Ultraviolet and visual flux and line variations of one of the least variable Bp stars HD 64740

TL;DR

This study investigates the minimal photometric variability of the Bp star HD 64740 despite surface abundance inhomogeneities, using models and observations across ultraviolet and visual spectra.

Contribution

It demonstrates that surface abundance inhomogeneities can produce minimal light variability and links ultraviolet line variability to atmospheric effects rather than surface features.

Findings

Visual light curve matches model assuming iron-silicon correlation.

Ultraviolet variability is weak and mainly atmospheric in origin.

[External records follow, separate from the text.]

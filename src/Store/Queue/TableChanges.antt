-- ===== src/Store/Queue/TableChanges.antt =====
-- The statements of internal/store that queue a search, or change its schedule, keep a well-formed
-- table.
use subsyncd.Store.Queue.Changes.{
  upsert_search_state_with_priority, settle_pending_search, reject_row, delete_searches,
  record_user_rejection, schedule_media_search, ensure_upgrade_search, retry_throttled_searches,
  disarm_replacement, clear_search_resume, settle_row, delete_row, restart_row, schedule_row,
  complete_new, schedule_unsupported_row, upgrade_row,
}
use subsyncd.Store.Queue.Rows.{
  Media, QueueOrder, SearchRow, new_row, import_priority, is_row, no_resume, valid_search_priority,
  upgrade_priority, is_leased, unsupported_multi_episode,
}
use subsyncd.Store.Queue.Shape.{shaped, IsTable, update_where-IsTable}
use subsyncd.Common.{
  ℕ, List, Option, ◌∷◌, true, ◌==◌, Bool-cases, ◌≡◌, [], arith, inr, inl, refl, Option-cases, some,
  ◌||◌, ◌+◌, not, none, ◌&&◌, false, ltb,
}
use subsyncd.Common.Time.{Instant, Duration, is_zero}
use subsyncd.Common.Text.{String, str_eq}
use subsyncd.Store.Queue.Inserts.{upsert-IsTable}
use subsyncd.Store.Queue.History.{rows_after}
use subsyncd.Store.Queue.Keeps.{
  retry_row-shape, disarm_row-shape, settle_row-key, reject_row-key, delete_row-key,
  reject_row-shape, no_resume-shape, settle_row-shape, delete_row-shape, new_row-shaped,
  restart_row-key, schedule_row-key, schedule_row-shape, restart_row-shape, complete_new-shaped,
  schedule_unsupported_row-key, schedule_unsupported_row-shape, upgrade_row-key, upgrade_row-shape,
}

pub schedule-IsTable :
    (o : QueueOrder) (id : ℕ) (language : String) (at : Instant) (priority : ℕ)
    (unsupported : String) (rows : List SearchRow)
    → IsTable rows
    → IsTable (rows_after rows (schedule_media_search o id language at priority unsupported rows))
unfolding schedule_media_search
schedule-IsTable o id language at priority unsupported rows t =
    elim (Bool-cases (valid_search_priority priority)) [
      | inr n ↦ rw n t
      | inl v ↦ elim (Bool-cases (str_eq unsupported "")) [
        | inl e ↦
            rw (v, e)
              (upsert-IsTable (new_row o id language at priority) (λ _. true)
                (schedule_row at priority) (new_row-shaped o id language at priority v)
                (schedule_row-key at priority) (schedule_row-shape at priority v) rows t)
        | inr d ↦ elim (Bool-cases (str_eq unsupported unsupported_multi_episode)) [
          | inr u ↦ rw (v, d, u) t
          | inl k ↦
              rw (v, d, k)
                (upsert-IsTable (complete_new unsupported (new_row o id language at priority))
                  (λ _. true) (schedule_unsupported_row at priority unsupported)
                  (complete_new-shaped unsupported o id language at priority v)
                  (schedule_unsupported_row-key at priority unsupported)
                  (schedule_unsupported_row-shape at priority unsupported v) rows t)
        ]
      ]
    ]

reject_new-shaped :
    (o : QueueOrder) (id : ℕ) (language : String) (now : Instant)
    (lease : Option (String × Instant))
    → shaped (reject_row now lease (new_row o id language now import_priority)) ≡ true
unfolding reject_row shaped
reject_new-shaped o id language now lease = ground arith

pub upgrade-IsTable :
    (media : Media) (o : QueueOrder) (id : ℕ) (language : String) (next : Instant)
    (rows : List SearchRow)
    → IsTable rows
    → IsTable (rows_after rows (ensure_upgrade_search media o id language next rows))
unfolding ensure_upgrade_search
upgrade-IsTable media o id language next rows t = elim (Bool-cases (is_zero next)) [
  | inl z ↦ rw z t
  | inr n ↦ elim (Option-cases (media id)) [
    | inl e ↦ rw (n, e) t
    | inr (m, e) ↦ elim (Bool-cases (m.deleted || not (str_eq m.unsupported_reason ""))) [
      | inl y ↦ rw (n, e, y) t
      | inr f ↦
          rw (n, e, f)
            (upsert-IsTable (new_row o id language next upgrade_priority)
              (λ r.
                not (is_leased r)
                && elim r.lease_until [ none ↦ true | some _ ↦ false ]
                && (not r.pending || ltb next r.next_attempt_at))
              (upgrade_row next) (new_row-shaped o id language next upgrade_priority refl)
              (upgrade_row-key next) (upgrade_row-shape next _) rows t)
    ]
  ]
]

pub upsert_state-IsTable :
    (o : QueueOrder) (id : ℕ) (language : String) (next : Instant) (priority : ℕ)
    (rows : List SearchRow)
    → IsTable rows
    → IsTable (rows_after rows (upsert_search_state_with_priority o id language next priority rows))
unfolding upsert_search_state_with_priority
upsert_state-IsTable o id language next priority rows t =
    elim (Bool-cases (valid_search_priority priority)) [
      | inr n ↦ rw n t
      | inl v ↦ rw v (
          upsert-IsTable (new_row o id language next priority) (λ _. true)
            (restart_row next priority) (new_row-shaped o id language next priority v)
            (restart_row-key next priority) (restart_row-shape next priority v) rows t)
    ]

pub settle-IsTable :
    (id : ℕ) (language outcome : String) (now : Instant) (owner : String) (rows : List SearchRow)
    → IsTable rows
    → IsTable (settle_pending_search id language outcome now owner rows)
unfolding settle_pending_search
settle-IsTable id language outcome now owner rows t =
    update_where-IsTable _ (settle_row outcome) (settle_row-key outcome)
      (settle_row-shape outcome _) rows t

pub clear_resume-IsTable :
    (id : ℕ) (language : String) (rows : List SearchRow)
    → IsTable rows
    → IsTable (clear_search_resume id language rows)
unfolding clear_search_resume
clear_resume-IsTable id language rows t =
    update_where-IsTable (is_row id language) no_resume (λ r. (refl, refl))
      (no_resume-shape (is_row id language)) rows t

pub retry-IsTable :
    (media : Media) (now : Instant) (languages : List String) (rows : List SearchRow)
    → IsTable rows
    → IsTable (retry_throttled_searches media now languages rows).0
unfolding retry_throttled_searches
retry-IsTable media now [] rows t = t
retry-IsTable media now (l ∷ languages) rows t =
    update_where-IsTable _ _ (λ r. (refl, refl)) (retry_row-shape now _) rows t

pub reject-IsTable :
    (o : QueueOrder) (id : ℕ) (language : String) (now : Instant)
    (lease : Option (String × Duration)) (rows : List SearchRow)
    → IsTable rows
    → IsTable (record_user_rejection o id language now lease rows)
unfolding record_user_rejection
reject-IsTable o id language now none rows t =
    upsert-IsTable _ (λ _. true) (reject_row now none) (reject_new-shaped o id language now none)
      (reject_row-key now none) (reject_row-shape now none) rows t
reject-IsTable o id language now (some (owner, duration)) rows t =
    upsert-IsTable _ (λ _. true) (reject_row now (some (owner, now + duration)))
      (reject_new-shaped o id language now (some (owner, now + duration)))
      (reject_row-key now (some (owner, now + duration)))
      (reject_row-shape now (some (owner, now + duration))) rows t

pub disarm-IsTable :
    (id : ℕ) (language : String) (rows : List SearchRow)
    → IsTable rows
    → IsTable (disarm_replacement id language rows)
unfolding disarm_replacement
disarm-IsTable id language rows t =
    update_where-IsTable (is_row id language) _ (λ r. (refl, refl)) (disarm_row-shape _) rows t

pub delete-IsTable :
    (id : ℕ) (rows : List SearchRow) → IsTable rows → IsTable (delete_searches id rows)
unfolding delete_searches
delete-IsTable id rows t =
    update_where-IsTable (λ r. r.media_id == id) delete_row delete_row-key (delete_row-shape _) rows
      t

Civ resonance line variability suggests wind and magnetic field influence.

Abstract

The light variability of hot magnetic chemically peculiar stars is typically caused by the flux redistribution in spots with peculiar abundance. This raises the question why some stars with surface abundance spots show significant rotational light variability, while others do not. We study the Bp star HD 64740 to investigate how its remarkable inhomogeneities in the surface distribution of helium and silicon, and the corresponding strong variability of many spectral lines, can result in one of the faintest photometric variabilities among the Bp stars. We used model atmospheres and synthetic spectra calculated for the silicon and helium abundances from surface abundance maps to predict the ultraviolet and visual light and line variability of HD 64740. The predicted fluxes and line profiles were compared with the observed ones derived with the IUE, HST, and Hipparcos satellites and with spectra acquired using the FEROS spectrograph at the 2.2m MPG/ESO telescope. We are able to reproduce the observed visual light curve of HD 64740 assuming an inhomogeneous distribution of iron correlated with silicon distribution. The light variations in the ultraviolet are hardly detectable. We detect the variability of many ultraviolet lines of carbon, silicon, and aluminium and discuss the origin of these lines and the nature of their variations. The maximum abundances of helium and silicon are not high enough to cause significant light variations. The detected variability of many ultraviolet lines is most likely of atmospheric origin and reflects the inhomogeneous elemental surface distribution. The variability of the Civ resonance lines is stronger and it probably results from the dependence of the wind mass-loss rate on the chemical composition and magnetic field orientation. We have not been able to detect a clear signature of the matter trapped in the circumstellar clouds.